Die Kosten für psychische Erkrankungen sind bundesweit explodiert. Zwischen 1993 und 2008 stiegen sie laut Statistischem Bundesamt von 19,1 Milliarden auf 28,7 Milliarden Euro. Bundesweit beruht mittlerweile jeder sechste Fehltag der Arbeitnehmer auf der Diagnose psychischer Leiden. Nach Angaben der Betriebskrankenkassen entfielen 1976 noch 46 Krankheitstage pro 100 Versicherte auf psychische Erkrankungen. Heute sind es 150 Tage.

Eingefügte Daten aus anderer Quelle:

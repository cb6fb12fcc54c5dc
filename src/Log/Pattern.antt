-- ===== src/Log/Pattern.antt =====
-- `LogFormatter::init`: from a pattern to the items of a formatter (log/logger.cpp). Texts are lists of
-- character codes, and a position in the pattern is what stands from there on.
use sylar_net_server_framewo.Common.{
  ℕ, zero, suc, Bool, true, false, not, ◌&&◌, ◌||◌, Option, none, some, List, [], ◌∷◌, ◌++◌, leb,
  ◌==◌, if◌then◌else◌,
}

abbrev pub percent : ℕ
percent = 37

abbrev pub brace_open : ℕ
brace_open = 123

abbrev pub brace_close : ℕ
brace_close = 125

-- `isalpha`
unfoldable pub is_alpha : ℕ → Bool
is_alpha c = (leb 65 c && leb c 90) || (leb 97 c && leb c 122)

-- An entry of `vec`: its text and its format, with `item` for the type 1.
pub record Part : Type 0 where
  pub item : Bool
  pub text : List ℕ
  pub format : List ℕ

-- What the inner loop leaves: `str`, `fmt`, whether `fmt_status` is 1, and the pattern from `n` on.
pub record Scan : Type 0 where
  pub str : List ℕ
  pub fmt : List ℕ
  pub in_format : Bool
  pub rest : List ℕ

abbrev pub is_empty : List ℕ → Bool
is_empty [] = true
is_empty (c ∷ cs) = false

-- `n == m_pattern.size()` after `++n`, where `name` goes from behind the `%` to there
abbrev pub at_end : List ℕ → List ℕ → List ℕ → List ℕ
at_end name str rest = if is_empty rest && is_empty str then name else str

-- The inner loop with `fmt_status == 1`: `name` goes from behind the `%` to `n`, and `format` from
-- behind the brace.
unfoldable pub scan_format : List ℕ → List ℕ → List ℕ → List ℕ → Scan
scan_format name format str [] = record { str = str; fmt = []; in_format = true; rest = [] }
scan_format name format str (c ∷ cs) =
    let more =
      scan_format (name ++ c ∷ []) (format ++ c ∷ []) (at_end (name ++ c ∷ []) str cs) cs in
    if c == brace_close
    then record { str = str; fmt = format; in_format = false; rest = cs }
    else more

-- The inner loop with `fmt_status == 0`.
unfoldable pub scan_name : List ℕ → List ℕ → List ℕ → Scan
scan_name name str [] = record { str = str; fmt = []; in_format = false; rest = [] }
scan_name name str (c ∷ cs) =
    let more = scan_name (name ++ c ∷ []) (at_end (name ++ c ∷ []) str cs) cs in
    if not (is_alpha c) && not (c == brace_open) && not (c == brace_close)
    then record { str = name; fmt = []; in_format = false; rest = c ∷ cs }
    else if c == brace_open
    then scan_format (name ++ c ∷ []) [] name cs
    else more

abbrev pub literal : List ℕ → Part
literal text = record { item = false; text = text; format = [] }

-- `if(!nstr.empty()) { vec.push_back(...) }`
abbrev pub flush : List ℕ → List Part
flush nstr = if is_empty nstr then [] else literal nstr ∷ []

-- "<<pattern_error>>"
abbrev pub pattern_error : List ℕ
pattern_error =
    60 ∷ 60 ∷ 112 ∷ 97 ∷ 116 ∷ 116 ∷ 101 ∷ 114 ∷ 110 ∷ 95 ∷ 101 ∷ 114 ∷ 114 ∷ 111 ∷ 114 ∷ 62 ∷ 62
    ∷ []

-- `m_pattern[i + 1] == '%'`
abbrev pub next_is_percent : List ℕ → Bool
next_is_percent [] = false
next_is_percent (c ∷ cs) = c == percent

-- The outer loop: the pattern from `i` on and `nstr`; the parts, and whether there was an error. It
-- runs out of fuel where the pattern is longer than that.
unfoldable pub parse : ℕ → List ℕ → List ℕ → Option (List Part × Bool)
parse fuel nstr [] = some (flush nstr, false)
parse zero nstr (c ∷ cs) = none
parse (suc fuel) nstr (c ∷ cs) =
    let plain = parse fuel (nstr ++ c ∷ []) cs in
    let s = scan_name [] [] cs in
    let behind = parse fuel [] s.rest in
    let broken = parse fuel nstr cs in
    if not (c == percent) || next_is_percent cs
    then plain
    else if s.in_format
    then elim broken [
      | none ↦ none
      | some r ↦ some (record { item = false; text = pattern_error; format = s.fmt } ∷ r.0, true)
    ]
    else elim behind [
      | none ↦ none
      | some r ↦
          some (flush nstr ++ (record { item = true; text = s.str; format = s.fmt } ∷ r.0), r.1)
    ]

Doch den hohen Fehltagen und Kosten stehen eine nur unzureichende Vorsorge und Früherkennung gegenüber. So schrieb die Landespsychotherapeutenkammer Rheinland-Pfalz den Unternehmern anlässlich des Jahresempfangs der Wirtschaft zu Beginn des Jahres Folgendes ins Stammbuch: „Die meisten Unternehmen haben die Konsequenzen eines Arbeitsschutzes, der die psychischen Belastungen im Auge hat, noch nicht genügend umgesetzt. Für Rückenschmerzen sind die Zusammenhänge mit einem ergonomischen Arbeitsplatz bekannt und werden berücksichtigt. Der Zusammenhang von Stress am Arbeitsplatz und psychischen Störungen ist ebenfalls bekannt, wird aber noch nicht selbstverständlich in den betrieblichen Gesundheitsschutz einbezogen.“

Zugleich warnt die Kammer Politik und Kassen vor einem drohenden Praxissterben, was noch längere Wartezeiten für Patienten zur Folge hätte. Zwölf Wochen betragen diese im Schnitt bundesweit. In Rheinland-Pfalz müssen sich die Patienten noch etwa zwei Wochen länger gedulden. „Nur die Hälfte der Psychotherapeuten führt überhaupt eine Warteliste, da in manchen stark real unterversorgten Gebieten sonst Wartezeiten von bis zu einem Jahr auflaufen würden“, sagt Sprecherin Gisela Borgmann-Schäfer.

Hintergrund ist, dass Rheinland-Pfalz zwar offiziell als überversorgt mit Psychotherapeuten gilt, aus Sicht der Kammer aber 24 von 28 Planungsbereichen im Vergleich zum Bundesdurchschnitt unterversorgt sind. Beispiel: Im Kreis Altenkirchen gab es im vergangenen Jahr 13 Psychologen je 100 000 Einwohner, halb so wenig wie der Bundesdurchschnitt von fast 26 je 100 000 Einwohnern. Laut Bedarfsplanung gilt der Kreis aber als deutlich überversorgt. Mit Folgen: Denn das neue Versorgungsgesetz soll ab 2012 dazu beitragen, solche angeblichen Überkapazitäten abzubauen. Die Kassenärztliche Vereinigung darf dann Psychotherapeutensitze aufkaufen. Zwar ist dies laut Borgmann-Schäfer derzeit nicht geplant. Aber die angebliche Überversorgung diene den Kassen weiter als Argument, um weitere eigentlich nötige Arztsitze strikt abzulehnen.

Aus Sicht der Kassen tragen die Psychologen selbst einen Teil der Schuld für zu lange Wartezeiten. Viele der Ärzte würden nur in Teilzeit arbeiten, obwohl die Bedarfsplanung eine Vollzeittätigkeit vorsehe. Der Kassenspitzenverband fordert: „Die Psychotherapeuten müssen ihre Praxisöffnungszeiten ausweiten.“ Außerdem setzen sich die Krankenversicherungen für mehr Kurzzeit- und Gruppentherapien ein, um mehr Patienten auf einmal versorgen zu können. Es scheint höchste Zeit, dass sich Politik und Gesellschaft mehr Gedanken machen über ein Thema, das bislang für viele als Tabu galt: die Psyche der Bürger.